I just feel so bad for him seeing him by himself and Loki too. It breaks my heart. Thors too scared I guess to climb up the levels or sleep on any level other than the very bottom. So of course Loki likes to sleep on the top.


----------



## Jokerfest (Sep 25, 2012)

Try giving them cuddly places to sleep give them some old shirts, baby blankets, paper towels to nest with.
Thor should get used to the cage and the idea of going up top. Every rat has a different personality and heck for all we know he could be scared of heights.
My boys don't always sleep together and I have four. Sometimes they'll all sleep alone.
Maybe Thor and Loki are enjoying having enough room to have their own personal space and time to themselves now.
I'm sure they will sleep together again, they just have the room now that they have more of a choice on where to sleep.
My boy Jasper always sleeps on the top of any cage he is in even if his brothers dont.

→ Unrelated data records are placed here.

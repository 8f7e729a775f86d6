-- ===== src/Text/Words.antt =====
-- `" ".join(s.split())`, which leaves one blank between the words of a text.
use Prim.Native.Char.{Char}
use Prim.Native.String.{String, [], ◌∷◌, ◌++◌}
use text.Mathlib.TextLemmas.{nil-append, cons-append, append-nil}
use clipgauge.Common.{
  ℕ, zero, suc, ◌+◌, ◌≤◌, ◌≡◌, refl, ap, sym, ◌∙◌, Bool, true, false, not, List, [], ◌∷◌, arith,
  All, if_ind,
}
use clipgauge.Text.{
  is_space, first_chars, char_count, onto_head, starts_word, split, join_words, squash,
}

-- A word: not empty, and without a blank.
abbrev pub IsWord : String → Type 0
IsWord [] = ⊥
IsWord (c ∷ []) = is_space c ≡ false
IsWord (c ∷ d ∷ w) = (is_space c ≡ false) × IsWord (d ∷ w)

IsWord-cons : (c : Char) (w : String) → is_space c ≡ false → IsWord w → IsWord (c ∷ w)
IsWord-cons c [] h k = absurd k
IsWord-cons c (d ∷ w) h k = (h, k)

onto_head-All :
    (c : Char) (ws : List String) → is_space c ≡ false → All IsWord ws → All IsWord (onto_head c ws)
onto_head-All c [] h k = (h, tt)
onto_head-All c (w ∷ ws) h k = (IsWord-cons c w h k.0, k.1)

pub split-All : (s : String) → All IsWord (split s)
unfolding split
split-All [] = tt
split-All (c ∷ s) =
    if_ind (All IsWord) (is_space c) (λ _. split-All s)
      (λ h.
        if_ind (All IsWord) (starts_word s) (λ _. onto_head-All c (split s) h (split-All s))
          (λ _. (h, split-All s)))

pub starts_word-append :
    (c : Char) (w t : String) → IsWord (c ∷ w) → starts_word ((c ∷ w) ++ t) ≡ true
starts_word-append c [] t h = rw (cons-append c [] t, h) refl
starts_word-append c (d ∷ w) t h = rw (cons-append c (d ∷ w) t, h.0) refl

-- A word in front of a text that does not go on with it.
split-word : (w t : String) → IsWord w → starts_word t ≡ false → split (w ++ t) ≡ w ∷ split t
unfolding split
split-word [] t h k = absurd h
split-word (c ∷ []) t h k = rw (cons-append c [] t, nil-append t, h, k) refl
split-word (c ∷ d ∷ w) t h k =
    rw (cons-append c (d ∷ w) t, h.0, starts_word-append d w t h.1, split-word (d ∷ w) t h.1 k) refl

starts_word-blank : (t : String) → starts_word (" " ++ t) ≡ false
unfolding is_space
starts_word-blank t = rw (cons-append _ [] t) refl

split-blank : (t : String) → split (" " ++ t) ≡ split t
unfolding split is_space
split-blank t = ap split (cons-append _ [] t) ∙ ap (λ (s : String). split (" " ∷ s)) (nil-append t)

split-join_words : (ws : List String) → All IsWord ws → split (join_words ws) ≡ ws
unfolding join_words split
split-join_words [] h = refl
split-join_words (w ∷ []) h = ap split (sym (append-nil w)) ∙ split-word w [] h.0 refl
split-join_words (w ∷ v ∷ vs) h =
    let rest = split-join_words (v ∷ vs) h.1 in
    split-word w (" " ++ join_words (v ∷ vs)) h.0 (starts_word-blank (join_words (v ∷ vs)))
    ∙ ap (λ r. w ∷ r) (split-blank (join_words (v ∷ vs)) ∙ rest)

-- Squashing twice is squashing once.
pub squash-squash : (s : String) → squash (squash s) ≡ squash s
unfolding squash
squash-squash s = ap join_words (split-join_words (split s) (split-All s))

weight : List String → ℕ
weight [] = 0
weight (w ∷ []) = char_count w
weight (w ∷ v ∷ vs) = char_count w + suc (weight (v ∷ vs))

char_count-append : (s t : String) → char_count (s ++ t) ≡ char_count s + char_count t
char_count-append [] t = rw (nil-append t) (omega arith)
char_count-append (c ∷ s) t = rw (cons-append c s t) (omega (arith, char_count-append s t))

char_count-join_words : (ws : List String) → char_count (join_words ws) ≡ weight ws
unfolding join_words weight
char_count-join_words [] = refl
char_count-join_words (w ∷ []) = refl
char_count-join_words (w ∷ v ∷ vs) = omega (
  arith,
  char_count-append w (" " ++ join_words (v ∷ vs)),
  char_count-append " " (join_words (v ∷ vs)),
  char_count-join_words (v ∷ vs),
)

weight-onto_head : (c : Char) (ws : List String) → weight (onto_head c ws) ≤ suc (weight ws)
unfolding weight
weight-onto_head c [] = omega arith
weight-onto_head c (w ∷ []) = omega arith
weight-onto_head c (w ∷ v ∷ vs) = omega arith

weight-cons : (w : String) (ws : List String) → weight (w ∷ ws) ≤ char_count w + suc (weight ws)
unfolding weight
weight-cons w [] = omega arith
weight-cons w (v ∷ vs) = omega arith

not-false : (b : Bool) → not b ≡ false → b ≡ true
not-false true h = refl
not-false false h = ground arith

weight-split : (s : String) → weight (split s) ≤ char_count s
unfolding split weight
weight-split [] = omega arith
weight-split (c ∷ []) =
    if_ind (λ ws. weight ws ≤ 1) (is_space c) (λ _. omega arith) (λ _. omega arith)
weight-split (c ∷ d ∷ s) =
    if_ind (λ ws. weight ws ≤ char_count (c ∷ d ∷ s)) (is_space c)
      (λ _. omega (arith, weight-split (d ∷ s)))
      (λ _.
        if_ind (λ ws. weight ws ≤ char_count (c ∷ d ∷ s)) (not (is_space d))
          (λ _. omega (arith, weight-onto_head c (split (d ∷ s)), weight-split (d ∷ s)))
          (λ h.
            rw (not-false (is_space d) h)
              (omega (arith, weight-cons (c ∷ []) (split s), weight-split s))))

-- Squashing makes no text longer.
pub char_count-squash_le : (s : String) → char_count (squash s) ≤ char_count s
unfolding squash
char_count-squash_le s = omega (arith, char_count-join_words (split s), weight-split s)

pub char_count-first_chars_le : (n : ℕ) (s : String) → char_count (first_chars n s) ≤ n
unfolding first_chars
char_count-first_chars_le zero s = omega arith
char_count-first_chars_le (suc n) [] = omega arith
char_count-first_chars_le (suc n) (c ∷ s) = omega (arith, char_count-first_chars_le n s)

pub first_chars-short : (n : ℕ) (s : String) → char_count s ≤ n → first_chars n s ≡ s
unfolding first_chars
first_chars-short zero [] h = refl
first_chars-short zero (c ∷ s) h = absurd (omega arith)
first_chars-short (suc n) [] h = refl
first_chars-short (suc n) (c ∷ s) h = rw (first_chars-short n s (omega arith)) refl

That top shelf was mainly where he stayed.
Because mom sent you that cage without me I didn't get to put a hammock in there for you so I'm just going to give you this link it has lots of easy ways to make them and more cuddly hideouts.
http://www.squidoo.com/simple-and-easy-ways-to-accessorize-a-rat-cage#module156269022


----------



## rattie_lovers (Mar 7, 2013)

idk sometimes males just want more room apart, sometimes my rats will sleep apart for weeks then before I know it they are cuddling again.


----------



## Camelle (Feb 11, 2013)

Well as long as they'll make it back to each other. My fear is that they might forget the other is there and then see the other and just brawl i out. That scares me. Especially since that's all they seem to do together now...


----------



## Stubbylove (Sep 5, 2012)

I have four boys in one cage. It's a BIG cage. And most of the time they all sleep in a different spaces. My hairless Phantom will sleep in his favorite hammock on the very top level. Then Foxy a standard coat boy will sleep in his tissue box. And Bug our black and white hooded will sleep on the fleece in a wooden house box we have for them. And Captian my sons Rex will sleep out in the open on the second level kitty bed thing I have in the cage. It's really weird very rarely will they even sleep in pairs. The most common that I will see sleeping with another one is when another rattie wants to get into Phantoms special hammock w him. But other then that they don't sleep together ever. They still play and fight and eat and drink together. But they don't sleep w each other....I don't think u should b too worried about ur boys not sleeping together. As long as they r acting ok other then that I don't think u should have a problem!. U should post pics of your new cage. I love looking at cage set ups on this forum it gives me more ideas for my cage!. Just like that link someone put on this subject. I'm going to make a few of those for my cage w my son. It will b fun! 


Sent from my iPhone using PetGuide


----------



## eaturbyfill (Aug 23, 2012)

I would not worry about them not sleeping together. Rats do that sometimes. As long as they still get along, it is fine.

However, please give them plenty of places to hide! They are more likely to feel comfortable faster if they know that there is a safe place in their new habitat for them to retreat to.


----------